ゲイリーがこの酒場に入り浸って早数週間。悲しいかな、彼もまた酒場の景色の一部だ。誰も見向きもしない。天下の吟遊詩人たろう、ゲイリー・ルードマンが嘆かわしい。
けれど……けれど、だ。
酒場の騒がしさはいつも通り。
客同士、好き勝手騒ぐのも同じ。
水で薄めた麦酒の不味さも同じ。
安いだけが取り柄のつまみの塩辛さも同じ。
それでも、今日はいつもと違った。決定的に。絶対的に。
それは、周囲の客がちらちらと無遠慮な視線をゲイリーに寄こしてくる、ということ。
いや、正確にいうなら、ゲイリーの両脇に座った二人に、だが。
「貴方が見つかって本当に良かった……ずっと探していたんだ」
酒場に入るなり、ゲイリーの右隣に腰かけたフェンは、元気にしていたか? と気づかわしげに尋ねた。
美しい銀の長髪は帽子の下に押し隠していたが、人を惹きつけてやまない蒼の瞳は相変わらずである。整った顔立ちが近くにあるのは悪くない。まして、自分を探していたなどと言えば、なおさらだ。
ゲイリーは鼻の下を伸ばした。
「おうおう、久しぶりじゃねぇか。ったく、見つかっちまったものはしゃあねぇよなぁ」
どちらかといえば、むしろ二人に会いたかったのはゲイリーの方なのだが、そんなことはおくびにも出さずにゲイリーは鼻の下を擦る。場の主導権を握るには鷹揚な態度をとることが肝要なのだ。ついでにいうと、話も二割三割増すのが重要である。

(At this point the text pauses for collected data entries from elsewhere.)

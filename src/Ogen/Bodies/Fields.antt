-- ===== src/Ogen/Bodies/Fields.antt =====
-- The pieces of the Decode methods of internal/router/ogen/oas_json_gen.go: a field, a value that is
-- skipped, and the end, where required fields must be there.
use ndbx.Prelude.{
  ◌⊎◌, set, ℕ, String, true, false, ◌≡◌, refl, Option, some, List, [], ◌∷◌, inl, inr, get_elem?,
  arith, Option-cases,
}
use ndbx.Errors.{Err}
use ndbx.Exec.{Result, ok, err, Result-cases}
use ndbx.Ogen.Required.{Bits, failures}
use ndbx.Ogen.Params.{map_error}
use ndbx.Ogen.Bodies.{Json, take_str, skipped, with_required}
use ndbx.Ogen.Bodies.Members.{Holds, get_elem?-set, get_elem?-set_other}

module _ {V : Type 0} (json : Json V) where
  pub take_str-ok :
      {S : Type 0} (name : String) (v : V) (update : String → S) (s : S)
      → take_str json name v update ≡ ok s
      → (x : String) × (json.str v ≡ ok x) × (s ≡ update x)
  take_str-ok name v update s took = elim (Result-cases (json.str v)) [
    | inl (x, e) ↦ (x, e, ground arith)
    | inr (x, e) ↦ ground arith
  ]

  pub skipped-ok :
      {S : Type 0} (v : V) (s s' : S)
      → skipped json v s ≡ ok s'
      → (done : Unit {0}) × (json.skip v ≡ ok done) × (s' ≡ s)
  skipped-ok v s s' took = elim (Result-cases (json.skip v)) [
    | inl (done, e) ↦ (done, e, ground arith)
    | inr (x, e) ↦ ground arith
  ]

  pub take_str-reads :
      {S : Type 0} (name : String) (v : V) (update : String → S) (x : String)
      → json.str v ≡ ok x
      → (s : S) × (take_str json name v update ≡ ok s)
  take_str-reads name v update x e = (update x, rw e refl)

  pub skipped-reads :
      {S : Type 0} (v : V) (s : S) (done : Unit {0})
      → json.skip v ≡ ok done
      → (s' : S) × (skipped json v s ≡ ok s')
  skipped-reads v s done e = (s, rw e refl)

  module _ (before : Option V) (s : String) (bits : Bits) where
    pub Holds-set :
        (v : V) (i : ℕ) (x : String)
        → json.str v ≡ ok x
        → Holds json before s (get_elem? bits i)
        → Holds json (some v) x (get_elem? (set bits i true) i)
    Holds-set v i x e holds = (e, there)
      where
        there : get_elem? (set bits i true) i ≡ some true
        there = elim (Option-cases before) [
          | inl missed ↦ get_elem?-set bits i false true (ground arith)
          | inr (u, had) ↦ get_elem?-set bits i true true (ground arith)
        ]

    pub Holds-other :
        (i j : ℕ)
        → ¬ (i ≡ j)
        → Holds json before s (get_elem? bits j)
        → Holds json before s (get_elem? (set bits i true) j)
    Holds-other i j apart holds = rw (get_elem?-set_other bits i j true apart) holds

List-cases : {A : Type 0} (xs : List A) → (xs ≡ []) ⊎ ((x : A) × (more : List A) × (xs ≡ x ∷ more))
List-cases [] = inl refl
List-cases (x ∷ more) = inr (x, more, refl)

-- The end of Decode succeeds when no required field is missed.
module _ {S : Type 0} (names : List String) (mask : Bits) (f : Err → Err) where
  pub with_required-ok :
      (r : Result Err (S × Bits)) (s : S)
      → with_required names mask (map_error f r) ≡ ok s
      → (bits : Bits) × (r ≡ ok (s, bits)) × (failures names mask bits ≡ [])
  with_required-ok (err e) s done = ground arith
  with_required-ok (ok (t, bits)) s done = elim (List-cases (failures names mask bits)) [
    | inl none_missed ↦ (bits, ground arith, none_missed)
    | inr (name, more, some_missed) ↦ ground arith
  ]

  pub with_required-full :
      (r : Result Err (S × Bits)) (s : S) (bits : Bits)
      → r ≡ ok (s, bits)
      → failures names mask bits ≡ []
      → with_required names mask (map_error f r) ≡ ok s
  with_required-full (err x) s bits e none_missed = ground arith
  with_required-full (ok x) s bits e none_missed = ground arith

「それにしても、騎士サマもよく俺を見つけたじゃねぇの? 俺様の熱狂的なファンに見つからねえようにと思って、ひっそり生きてたんだがなぁ」
「ほう? それにしては随分、悪名高い噂になっているようだがな? お前の酒癖の悪さと借金の多さは」
左隣から冷ややかな声がとんできて、ゲイリーは慌てて首をすくめた。ちらりと見やれば、涼やかな目元に侮蔑の光を宿して、アッシュが自分を見下ろしている。髪の毛は染めたのだろう。色つきの眼鏡のおかげで、瞳の色もよく分からない。けれど、元々の整った顔立ちは隠しようがない。
思えば、ゲイリーの両隣には火の国で一番の人気を誇る二人が座っているのだ。先ほどからアッシュとフェンが身じろぎ一つするたびに、酒場の数少ない女性陣から悲鳴が上がっている。
ゲイリーはため息をついて、唇を尖らせた。
「なんでい、そういうのは男の武勇伝の一つだっての」
「ハッ、物は言いようだな」
「二人とも、喧嘩しないで」
横あいからフェンがたしなめれば、アッシュが面白くなさそうにそっぽを向いた。それにゲイリーは眉を上げる。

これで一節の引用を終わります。